The line holding "λ h. elim (In-insert_by" and every line after it through the end of the entries below: retype these exactly and nothing more.
(EXTRACTED INFORMATION)
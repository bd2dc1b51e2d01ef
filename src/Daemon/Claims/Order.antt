-- ===== src/Daemon/Claims/Order.antt =====
-- The order that `sort_by` leaves: the head bears the least stamp, and no element is lost.
use lightning_mesh.Prelude.{List, [], ◌∷◌, ◌≡◌, ◌≢◌, ◌↔◌, inl, inr, arith, In, Ordering-cases, gt}
use lightning_mesh.Order.{text_ord, nat_ord}
use lightning_mesh.Crdt.Hlc.{Hlc, hlc_cmp, hlc_cmp-IsTotalOrder}
use lightning_mesh.Crdt.Register.{IsRanking, IsRanking-by}
use lightning_mesh.Daemon.Claims.Own.{insert_by, sort_by}

module _ {A : Type 0} (stamp : A → Hlc) where
  rank_laws : IsRanking {V = A} (λ a b. hlc_cmp (stamp a) (stamp b))
  rank_laws = IsRanking-by stamp hlc_cmp-IsTotalOrder

  In-insert_by : (x y : A) (ys : List A) → In y (insert_by stamp x ys) → In y (x ∷ ys)
  unfolding insert_by
  In-insert_by x y [] h = h
  In-insert_by x y (z ∷ ys) h = elim (Ordering-cases (hlc_cmp (stamp x) (stamp z))) [
    | inl over ↦ elim (rw (insert_by, over) at h) [
      | inl e ↦ inr (inl e)
      | inr i ↦ elim (In-insert_by x y ys i) [ inl e ↦ inl e | inr j ↦ inr (inr j) ]
    ]
    | inr (inl tie) ↦ rw (insert_by, tie) at h
    | inr (inr under) ↦ rw (insert_by, under) at h
  ]

  insert_by-In : (x y : A) (ys : List A) → In y (x ∷ ys) → In y (insert_by stamp x ys)
  unfolding insert_by
  insert_by-In x y [] h = h
  insert_by-In x y (z ∷ ys) h = elim (Ordering-cases (hlc_cmp (stamp x) (stamp z))) [
    | inl over ↦
        rw (insert_by, over)
          (elim h [
            | inl e ↦ inr (insert_by-In x y ys (inl e))
            | inr (inl e) ↦ inl e
            | inr (inr i) ↦ inr (insert_by-In x y ys (inr i))
          ])
    | inr (inl tie) ↦ rw (insert_by, tie) h
    | inr (inr under) ↦ rw (insert_by, under) h
  ]

  -- No element of the list has a lower stamp than its head.
  abbrev pub HeadIsLeast : List A → Type 0
  HeadIsLeast [] = Unit
  HeadIsLeast (x ∷ xs) = (y : A) → In y (x ∷ xs) → hlc_cmp (stamp x) (stamp y) ≢ gt

  insert_by-HeadIsLeast :
      (x : A) (ys : List A) → HeadIsLeast ys → HeadIsLeast (insert_by stamp x ys)
  unfolding insert_by
  insert_by-HeadIsLeast x [] least =
      λ y h. elim h [ inl e ↦ rw (e) (ground (arith, rank_laws.rank_refl x)) | inr i ↦ elim i [ ] ]
  insert_by-HeadIsLeast x (z ∷ ys) least = elim (Ordering-cases (hlc_cmp (stamp x) (stamp z))) [
    | inl over ↦ rw (insert_by, over) (above over)
    | inr (inl tie) ↦ rw (insert_by, tie) (below (ground (arith, tie)))
    | inr (inr under) ↦ rw (insert_by, under) (below (ground (arith, under)))
  ]
    where
      above :
          hlc_cmp (stamp x) (stamp z) ≡ gt
          → (y : A) → In y (z ∷ insert_by stamp x ys)
          → hlc_cmp (stamp z) (stamp y) ≢ gt
      above over y (inl e) = rw (e) (ground (arith, rank_laws.rank_refl z))
      above over y (inr i) = elim (In-insert_by x y ys i) [
        | inl e ↦ rw (e) (ground (arith, rank_laws.below_of_gt x z))
        | inr j ↦ least y (inr j)
      ]

      below :
          hlc_cmp (stamp x) (stamp z) ≢ gt
          → (y : A) → In y (x ∷ z ∷ ys)
          → hlc_cmp (stamp x) (stamp y) ≢ gt
      below le y (inl e) = rw (e) (ground (arith, rank_laws.rank_refl x))
      below le y (inr i) = rank_laws.le_trans x z y le (least y i)

  pub sort_by-HeadIsLeast : (xs : List A) → HeadIsLeast (sort_by stamp xs)
  unfolding sort_by
  sort_by-HeadIsLeast [] = tt
  sort_by-HeadIsLeast (x ∷ xs) = insert_by-HeadIsLeast x (sort_by stamp xs) (sort_by-HeadIsLeast xs)

  pub In-sort_by : (y : A) (xs : List A) → In y (sort_by stamp xs) ↔ In y xs
  unfolding sort_by
  In-sort_by y [] = (λ i. i, λ i. i)
  In-sort_by y (x ∷ xs) = (
    λ h. elim (In-insert_by x y (sort_by stamp xs) h) [
      | inl e ↦ inl e
      | inr i ↦ inr ((In-sort_by y xs).0 i)
    ],
    λ h.
        insert_by-In x y (sort_by stamp xs)
          (elim h [ inl e ↦ inl e | inr i ↦ inr ((In-sort_by y xs).1 i) ]),
  )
(End EXTRACTED INFORMATION)
TASK SOLUTION:
    λ h. elim (In-insert_by x y (sort_by stamp xs) h) [
      | inl e ↦ inl e
      | inr i ↦ inr ((In-sort_by y xs).0 i)
    ],
    λ h.
        insert_by-In x y (sort_by stamp xs)
          (elim h [ inl e ↦ inl e | inr i ↦ inr ((In-sort_by y xs).1 i) ]),
  )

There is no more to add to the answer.